__Prompt__. Return only the lines running from the top of the entries to the line with "abbrev pub value_from : ℕ → Bytes → ℕ", inclusive, exactly as written.

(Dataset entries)
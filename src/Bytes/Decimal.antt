-- ===== src/Bytes/Decimal.antt =====
-- Decimal numerals: Go's `%d` of a number that is not negative, and the value of a text of digits.
use rawth.Base.{
  ℕ, zero, suc, ◌+◌, ◌-◌, ◌*◌, ◌/◌, ◌%◌, ◌≤◌, ◌<◌, ◌≡◌, ◌≢◌, refl, ◌∙◌, inl, inr, [], ◌∷◌, ◌++◌,
  ltb, ltb→lt, ltb→ge, if◌then◌else◌, arith, All, Bool-cases,
}
use rawth.Bytes.{Bytes}

-- A step for each digit; the number itself is fuel enough.
unfoldable pub digits : ℕ → ℕ → Bytes
digits zero n = []
digits (suc fuel) n =
    let front = digits fuel (n / 10) in
    if ltb n 10 then (48 + n) ∷ [] else front ++ ((48 + n % 10) ∷ [])

unfoldable pub decimal : ℕ → Bytes
unfolding digits
decimal n = digits (suc n) n

abbrev pub value_from : ℕ → Bytes → ℕ
value_from acc [] = acc
value_from acc (c ∷ cs) = value_from (acc * 10 + (c - 48)) cs

abbrev pub IsDigit : ℕ → Type 0
IsDigit c = (48 ≤ c) × (c ≤ 57)

value_from-snoc :
    (acc : ℕ) (cs : Bytes) (c : ℕ)
    → value_from acc (cs ++ (c ∷ [])) ≡ value_from acc cs * 10 + (c - 48)
value_from-snoc acc [] c = refl
value_from-snoc acc (d ∷ cs) c = value_from-snoc (acc * 10 + (d - 48)) cs c

value-digits : (fuel n : ℕ) → n < fuel → value_from 0 (digits fuel n) ≡ n
unfolding digits
value-digits zero n h = absurd (omega arith)
value-digits (suc fuel) n h = elim (Bool-cases (ltb n 10)) [
  | inl small ↦ rw small (omega arith)
  | inr large ↦ rw large (
      value_from-snoc 0 (digits fuel (n / 10)) (48 + n % 10)
      ∙ omega (arith, value-digits fuel (n / 10) (omega (arith, ltb→ge n 10 large))))
]

pub value-decimal : (n : ℕ) → value_from 0 (decimal n) ≡ n
unfolding decimal
value-decimal n = value-digits (suc n) n (omega arith)

All-snoc : (cs : Bytes) (c : ℕ) → All IsDigit cs → IsDigit c → All IsDigit (cs ++ (c ∷ []))
All-snoc [] c h k = (k, tt)
All-snoc (d ∷ cs) c (a, h) k = (a, All-snoc cs c h k)

All-digits : (fuel n : ℕ) → All IsDigit (digits fuel n)
unfolding digits
All-digits zero n = tt
All-digits (suc fuel) n = elim (Bool-cases (ltb n 10)) [
  | inl small ↦ rw small ((omega arith, omega (arith, ltb→lt n 10 small)), tt)
  | inr large ↦ rw large (
      All-snoc (digits fuel (n / 10)) (48 + n % 10) (All-digits fuel (n / 10))
        (omega arith, omega arith))
]

pub All-decimal : (n : ℕ) → All IsDigit (decimal n)
unfolding decimal
All-decimal n = All-digits (suc n) n

snoc-not_empty : (cs : Bytes) (c : ℕ) → cs ++ (c ∷ []) ≢ []
snoc-not_empty [] c e = cc
snoc-not_empty (d ∷ cs) c e = cc

digits-not_empty : (fuel n : ℕ) → digits (suc fuel) n ≢ []
unfolding digits
digits-not_empty fuel n = elim (Bool-cases (ltb n 10)) [
  | inl small ↦ rw small (λ e. cc)
  | inr large ↦ rw large (snoc-not_empty (digits fuel (n / 10)) (48 + n % 10))
]

-- A numeral has a first digit.
pub decimal-not_empty : (n : ℕ) → decimal n ≢ []
unfolding decimal
decimal-not_empty n = digits-not_empty n n
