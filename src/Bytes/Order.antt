-- ===== src/Bytes/Order.antt =====
-- The order that `compare_bytes` decides.
use Prim.Native.Nat.Ordering.{lt, eq, gt}
use rawth.Base.{◌≡◌, refl, arith, [], ◌∷◌}
use rawth.Bytes.{Bytes, compare_bytes}

pub compare_bytes_refl : (a : Bytes) → compare_bytes a a ≡ eq
unfolding compare_bytes
compare_bytes_refl [] = refl
compare_bytes_refl (x ∷ a) = ground (arith, compare_bytes_refl a)

pub eq_of_compare : (a b : Bytes) → compare_bytes a b ≡ eq → a ≡ b
unfolding compare_bytes
eq_of_compare [] [] h = refl
eq_of_compare [] (y ∷ b) h = cc
eq_of_compare (x ∷ a) [] h = cc
eq_of_compare (x ∷ a) (y ∷ b) h = ground (arith, eq_of_compare a b)

pub lt_of_gt : (a b : Bytes) → compare_bytes a b ≡ gt → compare_bytes b a ≡ lt
unfolding compare_bytes
lt_of_gt [] [] h = cc
lt_of_gt [] (y ∷ b) h = cc
lt_of_gt (x ∷ a) [] h = refl
lt_of_gt (x ∷ a) (y ∷ b) h = ground (arith, lt_of_gt a b)

pub gt_of_lt : (a b : Bytes) → compare_bytes a b ≡ lt → compare_bytes b a ≡ gt
unfolding compare_bytes
gt_of_lt [] [] h = cc
gt_of_lt [] (y ∷ b) h = refl
gt_of_lt (x ∷ a) [] h = cc
gt_of_lt (x ∷ a) (y ∷ b) h = ground (arith, gt_of_lt a b)

pub compare_trans :
    (a b c : Bytes) → compare_bytes a b ≡ lt → compare_bytes b c ≡ lt → compare_bytes a c ≡ lt
unfolding compare_bytes
compare_trans [] [] c h k = cc
compare_trans [] (y ∷ b) [] h k = cc
compare_trans [] (y ∷ b) (z ∷ c) h k = refl
compare_trans (x ∷ a) [] c h k = cc
compare_trans (x ∷ a) (y ∷ b) [] h k = cc
compare_trans (x ∷ a) (y ∷ b) (z ∷ c) h k = ground (arith, compare_trans a b c)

__Result__.
filename src/Bytes/Decimal.antt
-- ===== src/Bytes/Decimal.antt =====
-- Decimal numerals: Go's `%d` of a number that is not negative, and the value of a text of digits.
use rawth.Base.{
  ℕ, zero, suc, ◌+◌, ◌-◌, ◌*◌, ◌/◌, ◌%◌, ◌≤◌, ◌<◌, ◌≡◌, ◌≢◌, refl, ◌∙◌, inl, inr, [], ◌∷◌, ◌++◌,
  ltb, ltb→lt, ltb→ge, if◌then◌else◌, arith, All, Bool-cases,
}
use rawth.Bytes.{Bytes}

-- A step for each digit; the number itself is fuel enough.
unfoldable pub digits : ℕ → ℕ → Bytes
digits zero n = []
digits (suc fuel) n =
    let front = digits fuel (n / 10) in
    if ltb n 10 then (48 + n) ∷ [] else front ++ ((48 + n % 10) ∷ [])

unfoldable pub decimal : ℕ → Bytes
unfolding digits
decimal n = digits (suc n) n

abbrev pub value_from : ℕ → Bytes → ℕ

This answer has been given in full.